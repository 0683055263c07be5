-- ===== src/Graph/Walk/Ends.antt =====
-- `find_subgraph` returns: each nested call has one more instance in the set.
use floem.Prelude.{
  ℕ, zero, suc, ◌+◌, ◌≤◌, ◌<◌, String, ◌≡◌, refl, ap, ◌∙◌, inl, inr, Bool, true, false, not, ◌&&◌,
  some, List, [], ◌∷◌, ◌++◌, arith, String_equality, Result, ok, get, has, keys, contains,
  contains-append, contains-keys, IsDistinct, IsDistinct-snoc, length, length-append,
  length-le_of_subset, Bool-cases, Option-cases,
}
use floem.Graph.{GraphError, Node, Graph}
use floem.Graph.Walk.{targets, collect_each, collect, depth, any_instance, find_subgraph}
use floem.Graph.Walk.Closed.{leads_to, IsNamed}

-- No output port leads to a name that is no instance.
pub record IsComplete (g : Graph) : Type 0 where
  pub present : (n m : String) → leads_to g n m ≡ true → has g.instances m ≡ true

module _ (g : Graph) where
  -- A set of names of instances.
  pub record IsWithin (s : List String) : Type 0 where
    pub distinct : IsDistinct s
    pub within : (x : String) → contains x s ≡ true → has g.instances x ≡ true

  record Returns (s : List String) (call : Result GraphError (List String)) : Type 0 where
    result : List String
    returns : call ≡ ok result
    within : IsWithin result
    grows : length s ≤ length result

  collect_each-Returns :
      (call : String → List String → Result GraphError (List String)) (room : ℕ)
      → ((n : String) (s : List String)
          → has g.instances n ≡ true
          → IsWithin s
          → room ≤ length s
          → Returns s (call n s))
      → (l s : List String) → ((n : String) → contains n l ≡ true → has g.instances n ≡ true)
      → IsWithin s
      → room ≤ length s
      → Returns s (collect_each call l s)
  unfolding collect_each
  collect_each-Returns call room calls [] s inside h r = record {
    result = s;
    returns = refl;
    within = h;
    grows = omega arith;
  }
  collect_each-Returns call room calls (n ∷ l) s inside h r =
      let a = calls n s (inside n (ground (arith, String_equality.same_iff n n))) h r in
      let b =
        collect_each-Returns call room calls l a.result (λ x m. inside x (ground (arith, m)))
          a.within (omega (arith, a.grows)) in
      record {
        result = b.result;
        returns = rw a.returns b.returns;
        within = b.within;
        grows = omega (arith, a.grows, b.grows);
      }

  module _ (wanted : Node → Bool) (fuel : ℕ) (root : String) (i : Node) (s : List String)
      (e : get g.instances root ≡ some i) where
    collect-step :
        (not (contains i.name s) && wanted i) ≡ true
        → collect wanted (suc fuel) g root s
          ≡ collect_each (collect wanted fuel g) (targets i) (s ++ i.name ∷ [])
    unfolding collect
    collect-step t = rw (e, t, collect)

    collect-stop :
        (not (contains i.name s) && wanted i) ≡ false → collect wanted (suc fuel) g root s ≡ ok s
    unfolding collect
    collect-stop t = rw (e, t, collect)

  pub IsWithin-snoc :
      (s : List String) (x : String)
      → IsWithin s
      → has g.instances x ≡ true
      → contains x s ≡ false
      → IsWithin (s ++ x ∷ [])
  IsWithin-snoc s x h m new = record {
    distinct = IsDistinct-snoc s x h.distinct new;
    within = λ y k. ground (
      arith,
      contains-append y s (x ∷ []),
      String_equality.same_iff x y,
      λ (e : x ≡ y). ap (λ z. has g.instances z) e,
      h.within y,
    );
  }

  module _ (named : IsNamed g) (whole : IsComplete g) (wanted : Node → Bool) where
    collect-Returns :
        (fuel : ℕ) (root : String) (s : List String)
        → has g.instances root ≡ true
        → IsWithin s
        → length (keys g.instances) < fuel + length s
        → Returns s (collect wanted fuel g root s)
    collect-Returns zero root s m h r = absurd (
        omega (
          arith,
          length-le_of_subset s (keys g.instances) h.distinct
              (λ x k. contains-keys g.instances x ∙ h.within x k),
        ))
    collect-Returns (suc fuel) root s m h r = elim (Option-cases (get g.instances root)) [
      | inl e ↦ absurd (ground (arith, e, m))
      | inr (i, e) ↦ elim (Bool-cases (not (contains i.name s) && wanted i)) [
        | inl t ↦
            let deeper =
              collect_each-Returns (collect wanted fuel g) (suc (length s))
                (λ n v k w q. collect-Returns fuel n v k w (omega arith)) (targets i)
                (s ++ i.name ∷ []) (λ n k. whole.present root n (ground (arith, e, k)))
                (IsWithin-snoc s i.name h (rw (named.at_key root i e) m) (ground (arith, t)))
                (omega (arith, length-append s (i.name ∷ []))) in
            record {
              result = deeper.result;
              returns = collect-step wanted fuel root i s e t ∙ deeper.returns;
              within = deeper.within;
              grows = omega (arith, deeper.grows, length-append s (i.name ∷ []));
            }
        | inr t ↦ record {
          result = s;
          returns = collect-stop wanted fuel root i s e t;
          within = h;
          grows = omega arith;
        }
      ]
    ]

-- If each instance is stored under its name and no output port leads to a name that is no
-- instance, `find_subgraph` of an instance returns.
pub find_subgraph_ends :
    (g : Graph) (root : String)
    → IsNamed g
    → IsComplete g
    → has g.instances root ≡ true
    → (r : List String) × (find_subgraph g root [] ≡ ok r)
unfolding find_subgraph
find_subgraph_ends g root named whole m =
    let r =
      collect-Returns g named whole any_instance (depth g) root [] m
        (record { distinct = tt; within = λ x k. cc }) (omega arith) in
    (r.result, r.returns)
□ □ □ □ □ □ □
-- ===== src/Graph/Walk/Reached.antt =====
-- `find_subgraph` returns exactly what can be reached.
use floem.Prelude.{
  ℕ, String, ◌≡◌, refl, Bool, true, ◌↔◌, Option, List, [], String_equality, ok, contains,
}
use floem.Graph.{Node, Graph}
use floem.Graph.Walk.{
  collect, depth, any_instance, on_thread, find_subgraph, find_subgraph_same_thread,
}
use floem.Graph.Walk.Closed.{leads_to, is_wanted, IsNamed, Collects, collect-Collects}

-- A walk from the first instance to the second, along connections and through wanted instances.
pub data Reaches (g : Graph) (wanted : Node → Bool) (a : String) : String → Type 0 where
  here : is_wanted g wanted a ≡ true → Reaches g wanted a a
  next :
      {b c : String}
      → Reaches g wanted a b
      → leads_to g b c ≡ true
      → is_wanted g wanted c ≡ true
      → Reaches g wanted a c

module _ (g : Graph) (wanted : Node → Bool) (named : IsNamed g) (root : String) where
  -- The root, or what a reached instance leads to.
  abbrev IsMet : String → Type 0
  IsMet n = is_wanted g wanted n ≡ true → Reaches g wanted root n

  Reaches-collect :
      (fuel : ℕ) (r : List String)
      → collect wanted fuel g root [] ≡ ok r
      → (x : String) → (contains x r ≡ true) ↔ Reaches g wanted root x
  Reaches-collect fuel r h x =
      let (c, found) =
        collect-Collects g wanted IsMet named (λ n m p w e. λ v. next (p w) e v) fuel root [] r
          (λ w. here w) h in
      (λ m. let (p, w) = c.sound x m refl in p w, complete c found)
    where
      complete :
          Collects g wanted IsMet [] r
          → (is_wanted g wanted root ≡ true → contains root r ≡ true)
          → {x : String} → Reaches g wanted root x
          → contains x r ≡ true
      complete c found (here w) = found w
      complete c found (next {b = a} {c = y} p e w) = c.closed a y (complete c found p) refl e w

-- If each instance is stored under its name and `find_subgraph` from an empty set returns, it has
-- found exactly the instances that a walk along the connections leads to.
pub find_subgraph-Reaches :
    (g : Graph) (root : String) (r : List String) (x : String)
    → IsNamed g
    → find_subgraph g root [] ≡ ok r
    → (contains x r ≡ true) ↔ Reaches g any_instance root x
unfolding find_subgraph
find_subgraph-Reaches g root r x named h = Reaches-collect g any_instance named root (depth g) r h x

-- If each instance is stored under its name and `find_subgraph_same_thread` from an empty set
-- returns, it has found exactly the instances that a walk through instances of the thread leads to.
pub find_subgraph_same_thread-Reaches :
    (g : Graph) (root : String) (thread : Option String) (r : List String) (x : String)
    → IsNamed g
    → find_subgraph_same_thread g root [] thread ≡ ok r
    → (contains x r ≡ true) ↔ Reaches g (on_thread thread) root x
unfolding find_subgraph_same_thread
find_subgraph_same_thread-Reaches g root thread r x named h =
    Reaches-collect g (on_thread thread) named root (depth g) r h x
□ □ □ □ □ □ □
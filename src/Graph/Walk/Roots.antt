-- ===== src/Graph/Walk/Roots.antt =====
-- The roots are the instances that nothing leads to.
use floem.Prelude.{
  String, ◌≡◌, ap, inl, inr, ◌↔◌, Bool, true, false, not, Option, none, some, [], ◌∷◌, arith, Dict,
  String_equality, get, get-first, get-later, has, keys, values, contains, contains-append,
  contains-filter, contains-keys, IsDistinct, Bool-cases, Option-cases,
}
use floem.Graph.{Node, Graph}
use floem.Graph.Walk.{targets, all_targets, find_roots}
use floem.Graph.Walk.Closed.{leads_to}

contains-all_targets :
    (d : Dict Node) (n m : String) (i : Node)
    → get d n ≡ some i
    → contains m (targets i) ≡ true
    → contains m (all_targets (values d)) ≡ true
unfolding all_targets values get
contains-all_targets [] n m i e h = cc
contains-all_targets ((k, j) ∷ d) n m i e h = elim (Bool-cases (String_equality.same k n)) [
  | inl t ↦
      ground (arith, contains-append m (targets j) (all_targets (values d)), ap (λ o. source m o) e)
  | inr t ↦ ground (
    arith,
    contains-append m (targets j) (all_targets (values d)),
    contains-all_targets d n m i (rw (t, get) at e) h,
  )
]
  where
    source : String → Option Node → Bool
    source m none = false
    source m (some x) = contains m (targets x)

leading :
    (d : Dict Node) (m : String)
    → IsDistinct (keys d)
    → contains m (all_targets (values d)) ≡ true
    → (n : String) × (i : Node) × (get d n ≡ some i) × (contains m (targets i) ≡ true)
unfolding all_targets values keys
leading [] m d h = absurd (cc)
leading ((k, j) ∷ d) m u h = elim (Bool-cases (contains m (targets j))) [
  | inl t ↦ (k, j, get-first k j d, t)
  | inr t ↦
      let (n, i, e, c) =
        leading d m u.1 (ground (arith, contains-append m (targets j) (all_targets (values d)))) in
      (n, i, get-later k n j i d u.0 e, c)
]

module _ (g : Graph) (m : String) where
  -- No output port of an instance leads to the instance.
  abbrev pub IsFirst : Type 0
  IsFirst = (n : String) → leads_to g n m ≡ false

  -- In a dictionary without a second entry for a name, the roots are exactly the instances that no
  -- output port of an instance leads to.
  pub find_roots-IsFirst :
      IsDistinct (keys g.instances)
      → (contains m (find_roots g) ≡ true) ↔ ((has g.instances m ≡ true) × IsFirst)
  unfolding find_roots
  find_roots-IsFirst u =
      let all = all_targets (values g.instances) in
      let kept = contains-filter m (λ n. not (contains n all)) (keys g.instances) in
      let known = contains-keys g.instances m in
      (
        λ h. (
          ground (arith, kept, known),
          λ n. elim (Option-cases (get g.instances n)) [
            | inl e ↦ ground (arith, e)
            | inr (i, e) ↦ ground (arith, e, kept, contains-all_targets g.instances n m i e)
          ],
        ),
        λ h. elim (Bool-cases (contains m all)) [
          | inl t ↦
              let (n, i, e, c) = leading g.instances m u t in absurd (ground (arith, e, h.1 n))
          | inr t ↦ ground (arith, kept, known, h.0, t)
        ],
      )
□ □ □ □ □ □ □
= Task prompt =
Copy out, word for word, the part of the entries above that begins at the line with "repository 0683055263c07be5" and ends at the line with "-- No output port leads", including both.

= Output for this exercise =
repository 0683055263c07be5
-- ===== src/Graph/Walk/Ends.antt =====
-- `find_subgraph` returns: each nested call has one more instance in the set.
use floem.Prelude.{
  ℕ, zero, suc, ◌+◌, ◌≤◌, ◌<◌, String, ◌≡◌, refl, ap, ◌∙◌, inl, inr, Bool, true, false, not, ◌&&◌,
  some, List, [], ◌∷◌, ◌++◌, arith, String_equality, Result, ok, get, has, keys, contains,
  contains-append, contains-keys, IsDistinct, IsDistinct-snoc, length, length-append,
  length-le_of_subset, Bool-cases, Option-cases,
}
use floem.Graph.{GraphError, Node, Graph}
use floem.Graph.Walk.{targets, collect_each, collect, depth, any_instance, find_subgraph}
use floem.Graph.Walk.Closed.{leads_to, IsNamed}

-- No output port leads to a name that is no instance.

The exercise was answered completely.